Intensywna współpraca z Turcją
Wiceminister odniósł się również do kwestii kontaktów z Turcją, poprzez którą wielu migrantów podróżowało na Białoruś. - Nasza współpraca z Turcją jest bardzo intensywna. Oczywiście działania przemytników, którzy wykorzystywali poszczególne porty lotnicze, jak Stambuł, bardzo mocno przyczyniały się do tego kryzysu, ale w rozmowach z naszymi partnerami tureckimi zwracaliśmy na to uwagę - i to doprowadziło do zablokowania tego szlaku, a przynajmniej jego bardzo poważnego ograniczenia, za co jesteśmy bardzo wdzięczni tureckim partnerom - powiedział.
- Kontynuujemy współpracę z Turcją na wielu poziomach, dlatego, że postrzegamy ten kraj jako bardzo ważnego partnera w regionie.
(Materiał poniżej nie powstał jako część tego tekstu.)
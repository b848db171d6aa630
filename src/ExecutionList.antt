-- ===== src/ExecutionList.antt =====
-- updateJobRow and addNodeRow of view/flow-execution-list.js: the rows of the jobs of an execution.
-- A table's body is named by its flow. `now` is the engine's time, and `sort` its sorting of nodes
-- by their start.
pub mod Bodies
pub mod Listed
pub mod Rows
pub mod Session
pub mod Bars
pub mod Placed
mod Tests
use azkaban_private.Prelude.{
  ℕ, zero, suc, ◌==◌, if◌then◌else◌, Bool, true, false, Option, none, some, List, [], ◌∷◌, ◌++◌,
  ◌>>=◌,
}
use azkaban_private.Durations.{Duration, get_duration}
use azkaban_private.Flow.{Ref, Heap, Node, Stamp, missing, unset, at_ms, is_flow}
use azkaban_private.Status.{Status}
use azkaban_private.StatusClasses.{Classes, change_status}

-- `joblistrow`, with the node's status, the dates that are written, the time that it took, the
-- classes of its bar, and whether there is a row for the jobs of a flow below it.
pub record JobRow : Type 0 where
  pub body : Ref
  pub status : Option Status
  pub start_time : Stamp
  pub end_time : Stamp
  pub elapsed : Option Duration
  pub bar : Classes
  pub has_subtable : Bool

-- The rows of the nodes, and the nodes of each body in the order of their rows.
pub record Page : Type 0 where
  pub rows : Ref → Option JobRow
  pub bodies : Ref → List Ref

-- Before the first row.
abbrev pub empty_page : Page
empty_page = record { rows = λ _. none; bodies = λ _. [] }

abbrev pub is_unset : Stamp → Bool
is_unset unset = true
is_unset _ = false

-- `node.changedNode ? node.changedNode : node`
abbrev pub target : Heap → Ref → Ref
target h r = elim (h r).changed_node [ none ↦ r | some changed ↦ changed ]

-- The row of `addNodeRow`.
abbrev pub new_row : Ref → Node → JobRow
new_row body node = record {
  body = body;
  status = none;
  start_time = missing;
  end_time = missing;
  elapsed = none;
  bar = λ _. false;
  has_subtable = is_flow node;
}

-- The call of `addNodeRow`, if the node has no row.
unfoldable pub add_node_row : Heap → Ref → Ref → Page → Page
add_node_row h body r page = elim (page.rows r) [
  | some row ↦ page
  | none ↦ record {
    rows = λ x. if r == x then some (new_row body (h r)) else page.rows x;
    bodies = λ b. if body == b then page.bodies b ++ r ∷ [] else page.bodies b;
  }
]

-- What is written into the row of a node.
abbrev pub write_row : ℕ → Node → JobRow → JobRow
write_row now node row = record row {
  status = node.status;
  start_time = node.start_time;
  end_time = node.end_time;
  elapsed =
      get_duration node.start_time (if is_unset node.end_time then at_ms now else node.end_time);
  bar = change_status node.status row.bar;
}

abbrev pub write_rows : ℕ → Heap → Ref → Page → Page
write_rows now h r page = record page {
  rows = λ x.
      if r == x
      then elim (page.rows x) [ none ↦ none | some row ↦ some (write_row now (h r) row) ]
      else page.rows x;
}

-- A round of the loop, with the recursive call. Without a row for its jobs, a TypeError is thrown at
-- a node that has some: `none`.
unfoldable pub update_node :
    ℕ → Heap → (Ref → List Ref → Page → Option Page) → Ref → Ref → Page → Option Page
update_node now h update body r page = elim (is_unset (h r).start_time) [
  | true ↦ some page
  | false ↦
      let page' = write_rows now h r (add_node_row h body r page) in
      elim (h r).nodes [
        | [] ↦ some page'
        | _ ∷ _ ↦ elim (page'.rows r) [
          | none ↦ none
          | some row ↦ if row.has_subtable then update r (h r).nodes page' else none
        ]
      ]
]

unfoldable pub each_node : (Ref → Page → Option Page) → List Ref → Page → Option Page
each_node step [] page = some page
each_node step (r ∷ nodes) page = step r page >>= each_node step nodes

-- `updateJobRow`, with fuel for how deep flows are nested.
module _ (sort : Heap → List Ref → List Ref) (now : ℕ) (h : Heap) where
  unfoldable pub update_job_row : ℕ → Ref → List Ref → Page → Option Page
  update_job_row zero body nodes page = none
  update_job_row (suc fuel) body nodes page =
      each_node (λ r. update_node now h (update_job_row fuel) body (target h r)) (sort h nodes) page

-- An update, or the graph as it is first drawn: the objects, the time, and the nodes.
pub record Update : Type 0 where
  pub heap : Heap
  pub now : ℕ
  pub nodes : List Ref

-- `renderJobs` and `updateJobs`, as often as they are called; `body` is that of the page's table.
module _ (sort : Heap → List Ref → List Ref) (fuel : ℕ) (body : Ref) where
  unfoldable pub update_jobs : List Update → Page → Option Page
  update_jobs [] page = some page
  update_jobs (u ∷ updates) page =
      update_job_row sort u.now u.heap fuel body u.nodes page >>= update_jobs updates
Od dobrej współpracy z Turcją zależy powodzenie i stabilność blokady szlaków migracyjnych, które próbują wykorzystywać ludzie Łukaszenki - zaznaczył Jabłoński.
Kryzys na granicy
Na granicach UE i Białorusi trwa kryzys, od czasu, gdy na wiosnę gwałtownie wzrosła liczba prób nielegalnego przekroczenia granicy białoruskiej z Litwą, Łotwą i Polską przez migrantów z krajów Bliskiego Wschodu, Afryki i innych regionów. UE i państwa członkowskie podkreślają, że to efekt celowych działań reżimu Alaksandra Łukaszenki, który instrumentalnie wykorzystuje migrantów, w odpowiedzi na sankcje.
Od początku roku Straż Graniczna zanotowała ponad 34 tys. prób nielegalnego przekroczenia granicy polsko-białoruskiej, z czego ponad 6 tys. w listopadzie, blisko 17,3 tys. w październiku, prawie 7,7 tys. we wrześniu i ponad 3,5 tys. w sierpniu.
Od 2 września w związku z presją migracyjną w przygranicznym pasie z Białorusią w 183 miejscowościach woj. podlaskiego i lubelskiego obowiązuje stan wyjątkowy. Został on wprowadzony na 30 dni na mocy rozporządzenia prezydenta Andrzeja Dudy, wydanego na wniosek rządu. Następnie Sejm zgodził się na przedłużenie stanu wyjątkowego o kolejne 60 dni - do 2 grudnia.